And no not using sine waves to tune by ear, using sine waves to listen for cancellations, as you and I both know tuning or “tuning” is not a process that is mathematical, it is also subjective and this process relies on your ears and common sense on what sounds better or worse.


----------



## oabeieo (Feb 22, 2015)

Again everyone, this process has helped many cars I’ve tuned. It is in my humble opinion a excellent alternative to leaving a hard cancellation by doing nothing but eq and TA 

There will be those people that think if it’s not in a textbook or written by some manufacturer or some so called “expert” it’s wrong. 
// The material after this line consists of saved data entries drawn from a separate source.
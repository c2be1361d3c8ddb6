-- ===== src/Git/Commands/Merge.antt =====
-- `merge`: fast-forward, merge commit, and when there is nothing to do.
use mathlib.Core.Path.{subst}
use dev_box.Prelude.{◌≡◌, ◌≢◌, refl, sym, [], ◌∷◌, inl, inr, some, Bool-cases}
use dev_box.Text.{Text, trim}
use dev_box.Text.Equality.{text_eq-cases}
use dev_box.Git.Model.{RepositoryState, Outcome, ok, get_head_commit_id}
use dev_box.Git.Ancestry.{is_ancestor}
use dev_box.Git.Ancestry.Laws.{Ancestor, here, via, is_ancestor_iff}
use dev_box.Git.Ancestry.Order.{Ancestor-antisymm}
use dev_box.Git.Commands.{move_head, add_commit, up_to_date, merge_commits, reduce_merge, resolve}
use dev_box.Git.Valid.{Exists, IsValid}
use dev_box.Git.Commands.Steps.{
  resolve-Exists, head-Exists, move_head-commits, get_head-move_head, Exists-truthy,
}
use dev_box.Git.Commands.Grow.{add_commit-Adds}

-- What a merge of commit `id` into `s` should give.
abbrev pub Merges : RepositoryState → Text → Outcome → Type 0
Merges s id (ok t) =
    Ancestor t.commits (get_head_commit_id s) (get_head_commit_id t)
    × Ancestor t.commits id (get_head_commit_id t)
    × ¬ Ancestor s.commits id (get_head_commit_id s)
    × (Ancestor s.commits (get_head_commit_id s) id
        → (t.commits ≡ s.commits) × (get_head_commit_id t ≡ id))
Merges s id o = (o ≡ up_to_date) × Ancestor s.commits id (get_head_commit_id s)

module _ (s : RepositoryState) (v : IsValid s) (target id : Text) (x : Exists s.commits id) where
  fast_forward :
      id ≢ get_head_commit_id s
      → Ancestor s.commits (get_head_commit_id s) id
      → Merges s id (ok (move_head id s))
  fast_forward other r =
      let at : get_head_commit_id (move_head id s) ≡ id =
        get_head-move_head s id (Exists-truthy s v id x) in
      let same = move_head-commits id s in
      (
        subst (λ h. Ancestor (move_head id s).commits (get_head_commit_id s) h) (sym at)
            (rw same r),
        here (sym at),
        λ r'. other (
            Ancestor-antisymm s.commits s.next_commit_num v.graph id (get_head_commit_id s)
              (head-Exists s v) r' r),
        λ _. (same, at),
      )

  merge_commit :
      (message : Text)
      → ¬ Ancestor s.commits (get_head_commit_id s) id
      → ¬ Ancestor s.commits id (get_head_commit_id s)
      → Merges s id (ok (add_commit (get_head_commit_id s ∷ id ∷ []) message s))
  merge_commit message apart apart' =
      let current = get_head_commit_id s in
      let a = add_commit-Adds s v (current ∷ id ∷ []) message (head-Exists s v, (x, tt)) in
      (
        rw a.head (via current _ a.commit (inl refl) (here refl)),
        rw a.head (via id _ a.commit (inr (inl refl)) (here refl)),
        apart',
        λ r. absurd (apart r),
      )

  pub merge_commits-Merges : Merges s id (merge_commits target id s)
  unfolding merge_commits
  merge_commits-Merges = elim (text_eq-cases id (get_head_commit_id s)) [
    | inl (same, e) ↦ rw (merge_commits, same) (refl, here e)
    | inr (other, ne) ↦ elim (Bool-cases (is_ancestor s.commits (get_head_commit_id s) id)) [
      | inl ahead ↦
          rw (merge_commits, other, ahead)
            (fast_forward ne ((is_ancestor_iff s.commits (get_head_commit_id s) id).0 ahead))
      | inr apart ↦ elim (Bool-cases (is_ancestor s.commits id (get_head_commit_id s))) [
        | inl behind ↦
            rw (merge_commits, other, apart, behind)
              (refl, (is_ancestor_iff s.commits id (get_head_commit_id s)).0 behind)
        | inr split ↦
            rw (merge_commits, other, apart, split)
              (merge_commit _
                (λ r. cc (apart, (is_ancestor_iff s.commits (get_head_commit_id s) id).1 r))
                (λ r. cc (split, (is_ancestor_iff s.commits id (get_head_commit_id s)).1 r)))
      ]
    ]
  ]

-- In a valid repository a merge of a target that resolves to a commit answers "Already up to
-- date." exactly if the target is the current commit or an ancestor of it; otherwise it succeeds,
-- the former current commit and the target are then both the new current commit or ancestors of
-- it, and if the current commit was an ancestor of the target, then HEAD only moves to the target
-- and no commit is made.
pub reduce_merge-Merges :
    (s : RepositoryState) (target id : Text)
    → IsValid s
    → resolve (trim target) s ≡ some id
    → Merges s id (reduce_merge target s)
unfolding reduce_merge
reduce_merge-Merges s target id v e =
    rw (reduce_merge, e)
      (merge_commits-Merges s v (trim target) id (resolve-Exists s v (trim target) id e))
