-- ===== src/Git/Commands/Rebase.antt =====
-- `rebase`: the commits that the target lacks, replayed on top of it.
use mathlib.Core.Path.{subst}
use mathlib.Core.List.{reverse_aux, reverse_aux-reverse_aux-nil}
use dev_box.Prelude.{All, ◌≡◌, ◌≢◌, refl, sym, ◌∙◌, ap, List, [], ◌∷◌, some, map}
use dev_box.Text.{Text, trim, codes}
use dev_box.Git.Model.{Commit, RepositoryState, ok, error, get_head_commit_id}
use dev_box.Git.Ancestry.Laws.{Ancestor}
use dev_box.Git.Commands.{move_head, collect, Replayed, replay, rebase_onto, reduce_rebase, resolve}
use dev_box.Git.Valid.{Exists, IsValid}
use dev_box.Git.Commands.Steps.{
  resolve-Exists, head-Exists, move_head-commits, get_head-move_head, Exists-truthy,
}
use dev_box.Git.Commands.Grow.{grow-IsValid, Replays, replay-Replays, Linear, stop}
use dev_box.Git.Commands.Collect.{
  collect-Walk, Walk, held, root, step, Single, Among, Walk-complete,
}

abbrev pub messages : List Commit → List Text
messages = map (λ (c : Commit). c.message)

messages-reverse_aux :
    (walk acc : List Commit)
    → messages (reverse_aux walk acc) ≡ reverse_aux (messages walk) (messages acc)
messages-reverse_aux [] acc = refl
messages-reverse_aux (c ∷ walk) acc = messages-reverse_aux walk (c ∷ acc)

-- The walk is turned over twice.
messages_twice :
    (walk : List Commit) → reverse_aux (messages (reverse_aux walk [])) [] ≡ messages walk
messages_twice walk =
    ap (λ m. reverse_aux m []) (messages-reverse_aux walk [])
    ∙ reverse_aux-reverse_aux-nil (messages walk) []

-- The commits from HEAD down first parents to what the target holds are replayed in their order: with
-- their messages, each on top of the one before, and the first on top of the target. Without a
-- merge among them there is nothing else that HEAD reaches and the target does not.
pub record Rebases (s : RepositoryState) (id : Text) (t : RepositoryState) : Type 0 where
  pub lacking : List Commit
  pub walked : Walk s.commits id (get_head_commit_id s) lacking
  pub linear : Linear t.commits id (get_head_commit_id t) (messages lacking)
  pub complete :
      All Single lacking
      → (a : Text) → Ancestor s.commits a (get_head_commit_id s)
      → ¬ Ancestor s.commits a id
      → Among s.commits a lacking

module _ (s : RepositoryState) (v : IsValid s) (id : Text) (x : Exists s.commits id) where
  from : Replayed
  from = record { commits = s.commits; tip = id; next_num = s.next_commit_num }

  rebase_onto-Linear :
      (todo : List Commit)
      → todo ≢ []
      → (t : RepositoryState) × (rebase_onto id s todo ≡ ok t)
        × Linear t.commits id (get_head_commit_id t) (reverse_aux (messages todo) [])
  unfolding rebase_onto from
  rebase_onto-Linear [] ne = absurd (ne refl)
  rebase_onto-Linear (c ∷ cs) ne =
      let begin : Replays s.commits id [] from = record {
        graph = v.graph;
        tip = x;
        keeps = λ i d e. e;
        linear = stop;
      } in
      let done = replay-Replays s.commits id (c ∷ cs) [] from begin in
      let r = replay (c ∷ cs) from in
      let t : RepositoryState = record s { commits = r.commits; next_commit_num = r.next_num } in
      let valid = grow-IsValid s v r.commits r.next_num done.graph done.keeps in
      let at = get_head-move_head t r.tip (Exists-truthy t valid r.tip done.tip) in
      (
        move_head r.tip t,
        refl,
        subst (λ h. Linear (move_head r.tip t).commits id h (reverse_aux (messages (c ∷ cs)) []))
            (sym at)
            (subst (λ k. Linear k id r.tip (reverse_aux (messages (c ∷ cs)) []))
              (sym (move_head-commits r.tip t)) done.linear),
      )

  collected :
      (walk : List Commit) × Walk s.commits id (get_head_commit_id s) walk
      × (collect s.next_commit_num s.commits id (get_head_commit_id s) []
          ≡ some (reverse_aux walk []))
  collected =
      let y = head-Exists s v in
      let placed = v.graph (get_head_commit_id s) y.0 y.1 in
      collect-Walk s.commits s.next_commit_num v.graph id s.next_commit_num placed.number
        (get_head_commit_id s) [] placed.named placed.below y

  Walk-ne-nil :
      (walk : List Commit)
      → Walk s.commits id (get_head_commit_id s) walk
      → ¬ Ancestor s.commits (get_head_commit_id s) id
      → reverse_aux walk [] ≢ []
  Walk-ne-nil walk (held r) far e = far r
  Walk-ne-nil walk (root c _ _ _) far e = cc e
  Walk-ne-nil walk (step c p ps rest _ _ _ _) far e =
      cc (ap (λ l. reverse_aux l []) e, reverse_aux-reverse_aux-nil (c ∷ rest) [])

  Walk-nil :
      (walk : List Commit)
      → Walk s.commits id (get_head_commit_id s) walk
      → Ancestor s.commits (get_head_commit_id s) id
      → walk ≡ []
  Walk-nil walk (held r) near = refl
  Walk-nil walk (root c far _ _) near = absurd (far near)
  Walk-nil walk (step c p ps rest far _ _ _) near = absurd (far near)

-- In a valid repository a rebase onto a target that resolves to a commit answers that the branch is
-- up to date if the current commit is the target or an ancestor of it. Otherwise it succeeds, and
-- the new current commit is the end of a chain of single-parent commits on top of the target, which
-- bears the messages of the commits that lead from the old one, along first parents alone, to the
-- first one that the target holds, in their order. These are all that the old current commit
-- reaches and the target does not where each of them has one parent at most; what only a second
-- parent of one of them reaches is not replayed.
pub reduce_rebase-Rebases :
    (s : RepositoryState) (target id : Text)
    → IsValid s
    → resolve (trim target) s ≡ some id
    → (Ancestor s.commits (get_head_commit_id s) id
        → reduce_rebase target s ≡ error (codes "Current branch is already up to date with target"))
      × (¬ Ancestor s.commits (get_head_commit_id s) id
          → (t : RepositoryState) × (reduce_rebase target s ≡ ok t) × Rebases s id t)
unfolding reduce_rebase
reduce_rebase-Rebases s target id v e =
    let x = resolve-Exists s v (trim target) id e in
    let (walk, w, run) = collected s v id x in
    (
      λ near.
          rw (reduce_rebase, e, run, Walk-nil s v id x walk w near) (unfold rebase_onto in refl),
      λ far.
          let (t, made, linear) =
            rebase_onto-Linear s v id x (reverse_aux walk []) (Walk-ne-nil s v id x walk w far) in
          (
            t,
            rw (reduce_rebase, e, run) made,
            record {
              lacking = walk;
              walked = w;
              linear = rw (← messages_twice walk) linear;
              complete = λ ones a near apart.
                  Walk-complete s.commits id (get_head_commit_id s) a walk w ones near apart;
            },
          ),
    )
The truth is there is no wrong. It’s what sounds better. If this process makes your car sound better , great. If it dosent , than it dosent . In no way am I saying this is scientific or the perfect way to use an all pass. But it’s a way that has made many cars I’ve tuned sound better, even if I only get one all pass to work it still an improvement to my ears. 
I do not care what any so called “experts” or “shop owners” or “manufacturers” or anyone says or thinks , it’s just a new thing to try. Maybe somebody will be jealous that they didn’t think of it first. Maybe it sucks, I couldn’t care less. But I took the time out of MY day to post this for you to try. If you want to try it great, if not , that’s your prerogative , just please do not criticize this process or find faults with it because it’s not a perfect process and you won’t find it in any textbooks or online. Thanks


----------



## ErinH (Feb 14, 2007)

SkizeR said:


> ... but are you really suggesting using sine waves to tune by ear?


FWIW, I've been using test tones for tuning midbass/sub for _years_ and have had pretty good results. It's the only way I tune this region.


----------



## ErinH (Feb 14, 2007)

I appreciate the effort and time taken to present an alternative solution to a problem. I'll simply add this for consideration: The issue I've found with using the method described in this thread is that it can also detrimentally affect the areas outside of the target. So while you may fix (for example) a null at one band you create issues elsewhere. For sub and midbass where the bandpass window is smaller it may be less of an issue but with midranges where the bandpass window is over many octaves, it's been an issue in my experience.

Again, just something for others to keep in mind.


----------



## oabeieo (Feb 22, 2015)

ErinH said:


> I appreciate the effort and time taken to present an alternative solution to a problem. I'll simply add this for consideration: The issue I've found with using the method described in this thread is that it can also detrimentally affect the areas outside of the target. So while you may fix (for example) a null at one band you create issues elsewhere. For sub and midbass where the bandpass window is smaller it may be less of an issue but with midranges where the bandpass window is over many octaves, it's been an issue in my experience.
> 
> Again, just something for others to keep in mind.



I completely agree and thank you Erin! 

Yeah , and with anything the compromise and trade offs have to be worth it 
And why this processes main focus is careful listening and consideration.
I usually listen one or two days and work on a single all pass and work it and ajust it until I’m happy or simply don’t use it if it’s not worth it .


But your totally right, it can cause issues while fixing others, that’s where you’re ears are boss and make the call ultimately.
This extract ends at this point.